Date: Wed, 16 Feb 2005 16:56:54 -0500
From: Gil Student <gil.student@gmail.com>
Re: hamotzi

>This morning I saw the Mishna B'rura in 271:9:41 that says one 
>should have the challos covered during kiddush and then one should 
>have them uncovered during hamotzi.If one is noheg like the Tos'fos 
>and the Gra and brings the challos to the table after kiddush, should 
>they be covered or not?

Yes, to resemble the mon that had tal above and below it, like the
Chayei Adam mentioned in the MB.

Gil Student,          Yashar Books
Subscribe to "Sefer Ha-Hayim - Books for Life" Newsletter:
news, ideas, insights and special offers from Yashar Books
Phone: (718) 951-1254  Fax: (718) 228-5150

Go to top.

Date: Wed, 16 Feb 2005 17:06:26 EST
From: T613K@aol.com
Re: hamotzi

In  Avodah V14 #82 dated 2/16/2005 "reuven koss" <kmr5@zahav.net.il>
> This morning I saw the Mishna B'rura in 271:9:41 that says one should
> have the challos covered during kiddush and then one should have them
> uncovered during hamotzi. If one is noheg like the Tos'fos and the
> Gra and brings the challos to the table after kiddush, should they be
> covered or not?

The challos should be covered because the mon was covered with a
layer of dew. Since there was also a layer of dew /under/ the mon,
there should be a plate, board or napkin under the challa, as well.
Some people put the challa directly on the tablecloth. If the table is
not covered, e.g., you're having your Shabbos meal at a picnic table,
you should put something under the challa.

--Toby  Katz

Go to top.

Date: Wed, 16 Feb 2005 17:37:40 -0500
From: Zev Sero <zev@sero.name>
Re: Mezuzah

Micha Berger <micha@aishdas.org> wrote:
> On Fri, Feb 11, 2005 at 01:19:55PM -0500, Zev Sero wrote:
>: I've already cited the examples of tzedakah and korban, where it's also
>: clear that a person does not get the schar mitzvah if it didn't work out,
>: even though he did all he was expected to...

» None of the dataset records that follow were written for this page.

-- ===== src/ZcopyServer/Credits.antt =====
-- internal/s3rdmaserver/zcopy/service.go: flow control over any interleaving of the serving loop,
-- the GET goroutines and the peer
use rdma_demo.Base.{
  ℕ, suc, ◌+◌, ◌≤◌, ◌<◌, ◌≡◌, refl, Bool, false, Option, none, some, List, [], ◌∷◌, ◌++◌, arith,
  ◌==◌, if◌then◌else◌, if-elim,
}
use rdma_demo.Base.Int.{ℤ, pos, negsuc, pos_part, neg_part, half_range, leb_ℤ, add64-pos}
use rdma_demo.Base.Text.{trim_space, is_empty}
use rdma_demo.ZcopyProto.{Message, blank, op_hello_resp, OpKind, hello_req, acks, op_kind}
use rdma_demo.ZcopyServer.Conn.{ZcopyConn, Outcome, done, failed, close, add_credits, set_credits}
use rdma_demo.ZcopyServer.Handlers.{
  ObjectStore, GetTask, begun, waiting, holding, Session, missing_req_id, bucket_empty,
  unsupported_op,
}
use rdma_demo.ZcopyServer.Session.{
  stop, after_send, ignoring, on_hello, on_ensure_bucket, on_put, on_get, on_unknown,
}
use rdma_demo.ZcopyServer.Flow.{
  payloads, SameFlow, send_control-SameFlow, send_resp_ok-SameFlow, send_resp_err-SameFlow,
  handle_put-SameFlow,
}

-- The goroutines that took a credit and have not yet sent.
abbrev pub holders : List GetTask → ℕ
holders [] = 0
holders (begun m ∷ ts) = holders ts
holders (waiting r p o ∷ ts) = holders ts
holders (holding r p o ∷ ts) = suc (holders ts)

pub holders-append : (ts us : List GetTask) → holders (ts ++ us) ≡ holders ts + holders us
holders-append [] us = omega arith
holders-append (begun m ∷ ts) us = holders-append ts us
holders-append (waiting r p o ∷ ts) us = holders-append ts us
holders-append (holding r p o ∷ ts) us = omega (arith, holders-append ts us)

-- Payloads that were sent, or may be sent with the credits that are there.
abbrev pub committed : ZcopyConn → List GetTask → ℕ
committed zc tasks = payloads zc.sent + pos_part zc.credits + holders tasks

-- What the peer grants by a message.
abbrev pub grant_of : OpKind → Message → ℕ
grant_of hello_req msg = if msg.req_id == 0 then 0 else pos_part msg.credits
grant_of acks msg = pos_part msg.ack
grant_of _ msg = 0

abbrev pub granted_by : Option Message → ℕ
granted_by none = 0
granted_by (some msg) = grant_of (op_kind msg.op) msg

-- From `t` to `u` the commitment grows by at most `g`, and the credits stay nonnegative.
pub record Grows {S : Type 0} (g : ℕ) (t u : Session S) : Type 0 where
  pub nonneg : neg_part u.zc.credits ≡ 0
  pub bound : committed u.zc u.tasks ≤ committed t.zc t.tasks + g

pub pos_of_nonneg : (z : ℤ) → neg_part z ≡ 0 → z ≡ pos (pos_part z)
pos_of_nonneg (pos n) h = refl
pos_of_nonneg (negsuc n) h = absurd (omega arith)

set_credits_lem :
    (n : ℤ) (zc : ZcopyConn)
    → leb_ℤ n (pos 0) ≡ false
    → (neg_part n ≡ 0) × ((set_credits n zc).credits ≡ n) × ((set_credits n zc).sent ≡ zc.sent)
unfolding set_credits
set_credits_lem n zc h = (ground arith, ground arith, ground arith)

module _ {S : Type 0} (t : Session S) (nonneg : neg_part t.zc.credits ≡ 0) where
  after_send-Grows :
      (g : ℕ) (store : S) (r : ZcopyConn × Outcome)
      → neg_part r.0.credits ≡ 0
      → payloads r.0.sent + pos_part r.0.credits ≤ payloads t.zc.sent + pos_part t.zc.credits + g
      → Grows g t (after_send (record t { store = store }) r)
  unfolding after_send stop close
  after_send-Grows g store (zc, done) n b = record { nonneg = n; bound = omega arith }
  after_send-Grows g store (zc, failed e) n b = record { nonneg = n; bound = omega arith }

  same_after_send :
      (store : S) (r : ZcopyConn × Outcome)
      → SameFlow t.zc r.0
      → Grows 0 t (after_send (record t { store = store }) r)
  same_after_send store r h =
      after_send-Grows 0 store r (ground (arith, h.credits))
        (ground (arith, h.credits, h.payloads_sent))

  ignoring-Grows : (g : ℕ) (r : ZcopyConn × Outcome) → SameFlow t.zc r.0 → Grows g t (ignoring t r)
  unfolding ignoring
  ignoring-Grows g (zc, o) h = ground (arith, h.credits, h.payloads_sent)

  pub add_credits-Grows :
      (n : ℤ)
      → pos_part t.zc.credits + pos_part n < half_range
      → Grows (pos_part n) t (record t { zc = add_credits n t.zc })
  unfolding add_credits
  add_credits-Grows (negsuc n) small = ground arith
  add_credits-Grows (pos n) small =
      ground (arith, add64-pos (pos_part t.zc.credits) n, pos_of_nonneg t.zc.credits nonneg)

  module _ (api : ObjectStore S) (limit : ℤ) (delivers : ℕ → Bool) where
    pub on_ensure_bucket-Grows :
        (msg : Message) → Grows 0 t (on_ensure_bucket api limit delivers msg t)
    unfolding on_ensure_bucket
    on_ensure_bucket-Grows msg =
        if-elim (Grows 0 t) (msg.req_id == 0)
          (λ _. ignoring-Grows 0 _ (send_resp_err-SameFlow delivers 0 missing_req_id t.zc))
          λ _.
            if-elim (Grows 0 t) (is_empty (trim_space msg.bucket))
              (λ _.
                ignoring-Grows 0 _ (send_resp_err-SameFlow delivers msg.req_id bucket_empty t.zc))
              (λ _. same_after_send _ _ (send_resp_ok-SameFlow delivers msg.req_id t.zc))

    pub on_put-Grows : (msg : Message) → Grows 0 t (on_put api limit delivers msg t)
    unfolding on_put
    on_put-Grows msg = same_after_send _ _ (handle_put-SameFlow api delivers limit msg t.zc t.store)

    pub on_get-Grows : (msg : Message) → Grows 0 t (on_get api limit delivers msg t)
    unfolding on_get
    on_get-Grows msg =
        if-elim (Grows 0 t) (msg.req_id == 0)
          (λ _. same_after_send t.store _ (send_resp_err-SameFlow delivers 0 missing_req_id t.zc))
          (λ _. record {
            nonneg = nonneg;
            bound = omega (arith, holders-append t.tasks (begun msg ∷ []));
          })

    pub on_unknown-Grows : (msg : Message) → Grows 0 t (on_unknown api limit delivers msg t)
    unfolding on_unknown
    on_unknown-Grows msg =
        if-elim (Grows 0 t) (msg.req_id == 0) (λ _. record { nonneg = nonneg; bound = omega arith })
          (λ _.
            same_after_send t.store _
              (send_resp_err-SameFlow delivers msg.req_id unsupported_op t.zc))

    pub on_hello-Grows :
        (msg : Message) → Grows (grant_of hello_req msg) t (on_hello api limit delivers msg t)
    unfolding on_hello
    on_hello-Grows msg =
        if-elim (Grows (grant_of hello_req msg) t) (msg.req_id == 0)
          (λ _.
            ignoring-Grows (grant_of hello_req msg) _
              (send_resp_err-SameFlow delivers 0 missing_req_id t.zc))
          λ given.
            if-elim (Grows (grant_of hello_req msg) t) (leb_ℤ msg.credits (pos 0))
              (λ _.
                ignoring-Grows (grant_of hello_req msg) _ (send_control-SameFlow delivers _ t.zc))
              λ some_credits.
                let same =
                  send_control-SameFlow delivers
                    (record (blank op_hello_resp) { req_id = msg.req_id; credits = msg.credits })
                    (set_credits msg.credits t.zc) in
                let set = set_credits_lem msg.credits t.zc some_credits in
                after_send-Grows (grant_of hello_req msg) t.store _
                  (ground (arith, same.credits, set))
                  (ground (arith, same.credits, same.payloads_sent, set))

> There are two things being jumbled here: oneis be'isurim, and an oneis
> ba'asei.

I don't see where you think they're being jumbled. But oness rachmana
patreih is certainly applicable mitzvot asei, i.e. to the two that
carry an onesh. Most assin, though, including mezuzah, have no onesh,
so the concept is not applicable, which is exactly my point.

> Last time around this bend (v5n67, 68) RCBrown (based on a m"m in the
> Y-mi that he could not recall) that oneis Rachmanah patrei is a pestur
> oneshim.

Exactly. That's exactly what I've been arguing from the beginning, that
it is only applicable to onesh, and therefore has no relevance to mezuzah.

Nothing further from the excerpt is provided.